WORK REQUIRED:
What lines in the entries below contain the word "query"? Copy all of them.

Records from a collection
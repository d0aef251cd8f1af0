-- ===== src/Novelty/Keeps.antt =====
-- src/novelty.rs: properties of the store that no operation loses, whatever statements fail.
use ct_firehose_filter.Prelude.{
  ◌≡◌, refl, Bool, true, false, Option, none, some, List, [], ◌∷◌, if◌then◌else◌,
}
use ct_firehose_filter.Novelty.Sql.{
  Db, NoveltyStore, Ending, Result, ok, err, Sql, continue, ◌>>=◌, pure, finish, statement, query,
  restored, begin_immediate, open_transaction, close_transaction, undo_transaction, commit,
  rollback, close, in_transaction, next_ending, later_endings,
}
use ct_firehose_filter.Novelty.Store.{run_all}

-- `P` holds of the database and of what undoing an open transaction restores.
pub record Holds (P : Db → Type 0) (s : NoveltyStore) : Type 0 where
  pub now : P s.db
  pub undone : (d : Db) → s.saved ≡ some d → P d

-- The action keeps `P`, whether it succeeds or fails.
pub record Keeps {A : Type 0} (P : Db → Type 0) (m : Sql A) : Type 0 where
  pub at : (s : NoveltyStore) → Holds P s → Holds P (m s).1

restored-Holds : {P : Db → Type 0} (s : NoveltyStore) → Holds P s → P (restored s)
restored-Holds {P} s h = by_saved s.saved h.undone
  where
    by_saved :
        (o : Option Db) → ((d : Db) → o ≡ some d → P d) → P (elim o [ none ↦ s.db | some d ↦ d ])
    by_saved none u = h.now
    by_saved (some d) u = u d refl

abbrev pub AllKeep : (Db → Type 0) → List (Db → Db) → Type 0
AllKeep P [] = Unit {0}
AllKeep P (f ∷ rest) = ((db : Db) → P db → P (f db)) × AllKeep P rest

module _ {P : Db → Type 0} where
  pub Keeps-pure : {A : Type 0} (a : A) → Keeps P (pure a)
  unfolding pure
  Keeps-pure a = record { at = λ s h. h }

  continue-Holds :
      {A B : Type 0} (f : A → Sql B)
      → ((a : A) → Keeps P (f a))
      → (r : Result A) (s : NoveltyStore) → Holds P s
      → Holds P (continue r f s).1
  continue-Holds f k (ok a) s h = (k a).at s h
  continue-Holds f k err s h = h

  pub Keeps-bind :
      {A B : Type 0} (m : Sql A) (f : A → Sql B)
      → Keeps P m
      → ((a : A) → Keeps P (f a))
      → Keeps P (m >>= f)
  unfolding ◌>>=◌
  Keeps-bind m f km kf = record { at = λ s h. continue-Holds f kf (m s).0 (m s).1 (km.at s h) }

  pub Keeps-if :
      {A : Type 0} (b : Bool) (m n : Sql A) → Keeps P m → Keeps P n → Keeps P (if b then m else n)
  Keeps-if true m n km kn = km
  Keeps-if false m n km kn = kn

  finish-Holds :
      {A : Type 0} (e : Ending) (r : Option (A × Db)) (s : NoveltyStore)
      → ((a : A) (db : Db) → r ≡ some (a, db) → P db)
      → Holds P s
      → Holds P (finish e r s).1
  finish-Holds Ending.applied none s k h = h
  finish-Holds Ending.applied (some (a, db)) s k h = record { now = k a db refl; undone = h.undone }
  finish-Holds Ending.failed r s k h = h
  finish-Holds Ending.rolled_back r s k h = record { now = restored-Holds s h; undone = λ d e. cc }

  pub Keeps-statement :
      {A : Type 0} (run : Db → Option (A × Db))
      → ((db : Db) → P db → (a : A) (after : Db) → run db ≡ some (a, after) → P after)
      → Keeps P (statement run)
  unfolding statement
  Keeps-statement run k = record {
    at = λ s h.
        finish-Holds (next_ending s.endings) (run s.db)
          (record s { endings = later_endings s.endings }) (k s.db h.now)
          (record { now = h.now; undone = h.undone });
  }

  pub Keeps-query : {A : Type 0} (read : Db → A) → Keeps P (query read)
  unfolding query
  Keeps-query read =
      Keeps-statement (λ db. some (read db, db))
        (λ db p a after e. let same : db ≡ after = cc in rw (← same) p)

  pub Keeps-run_all : (fs : List (Db → Db)) → AllKeep P fs → Keeps P (run_all fs)
  unfolding run_all
  Keeps-run_all [] k = Keeps-pure tt
  Keeps-run_all (f ∷ rest) k =
      Keeps-bind _ _
        (Keeps-statement _
          (λ db p a after e. let same : f db ≡ after = cc in rw (← same) (k.0 db p)))
        (λ _. Keeps-run_all rest k.1)

  open_transaction-Holds :
      (e : Ending) (o : Option Db) (s : NoveltyStore)
      → Holds P s
      → Holds P (open_transaction e o s).1
  open_transaction-Holds Ending.applied none s h = record {
    now = h.now;
    undone = λ d e. let same : s.db ≡ d = cc in rw (← same) h.now;
  }
  open_transaction-Holds Ending.applied (some d) s h = h
  open_transaction-Holds Ending.failed o s h = h
  open_transaction-Holds Ending.rolled_back o s h = h

  close_transaction-Holds :
      (e : Ending) (o : Option Db) (s : NoveltyStore)
      → s.saved ≡ o
      → Holds P s
      → Holds P (close_transaction e o s).1
  close_transaction-Holds Ending.applied none s p h = h
  close_transaction-Holds Ending.applied (some d) s p h = record { now = h.now; undone = λ d e. cc }
  close_transaction-Holds Ending.failed none s p h = h
  close_transaction-Holds Ending.failed (some d) s p h = h
  close_transaction-Holds Ending.rolled_back none s p h = h
  close_transaction-Holds Ending.rolled_back (some d) s p h = record {
    now = h.undone d p;
    undone = λ d e. cc;
  }

  undo_transaction-Holds :
      (e : Ending) (o : Option Db) (s : NoveltyStore)
      → s.saved ≡ o
      → Holds P s
      → Holds P (undo_transaction e o s).1
  undo_transaction-Holds Ending.applied none s p h = h
  undo_transaction-Holds Ending.applied (some d) s p h = record {
    now = h.undone d p;
    undone = λ d e. cc;
  }
  undo_transaction-Holds Ending.failed none s p h = h
  undo_transaction-Holds Ending.failed (some d) s p h = h
  undo_transaction-Holds Ending.rolled_back none s p h = h
  undo_transaction-Holds Ending.rolled_back (some d) s p h = record {
    now = h.undone d p;
    undone = λ d e. cc;
  }

  Keeps-begin_immediate : Keeps P begin_immediate
  unfolding begin_immediate
  Keeps-begin_immediate = record {
    at = λ s h.
        open_transaction-Holds (next_ending s.endings) s.saved
          (record s { endings = later_endings s.endings })
          (record { now = h.now; undone = h.undone });
  }

  Keeps-commit : Keeps P commit
  unfolding commit
  Keeps-commit = record {
    at = λ s h.
        close_transaction-Holds (next_ending s.closings) s.saved
          (record s { closings = later_endings s.closings }) refl
          (record { now = h.now; undone = h.undone });
  }

  Keeps-close : {A : Type 0} (r : Result A) → Keeps P (close r)
  unfolding close rollback
  Keeps-close (ok a) = Keeps-bind commit (λ _. pure a) Keeps-commit (λ _. Keeps-pure a)
  Keeps-close err = record {
    at = λ s h.
        undo_transaction-Holds (next_ending s.closings) s.saved
          (record s { closings = later_endings s.closings }) refl
          (record { now = h.now; undone = h.undone });
  }

  pub Keeps-in_transaction :
      {A : Type 0} (body : Sql A) → Keeps P body → Keeps P (in_transaction body)
  unfolding in_transaction
  Keeps-in_transaction body k =
      Keeps-bind begin_immediate _ Keeps-begin_immediate
        (λ _. record { at = λ s h. (Keeps-close (body s).0).at (body s).1 (k.at s h) })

ANSWER SECTION:
  Db, NoveltyStore, Ending, Result, ok, err, Sql, continue, ◌>>=◌, pure, finish, statement, query,
  pub Keeps-query : {A : Type 0} (read : Db → A) → Keeps P (query read)
  unfolding query
  Keeps-query read =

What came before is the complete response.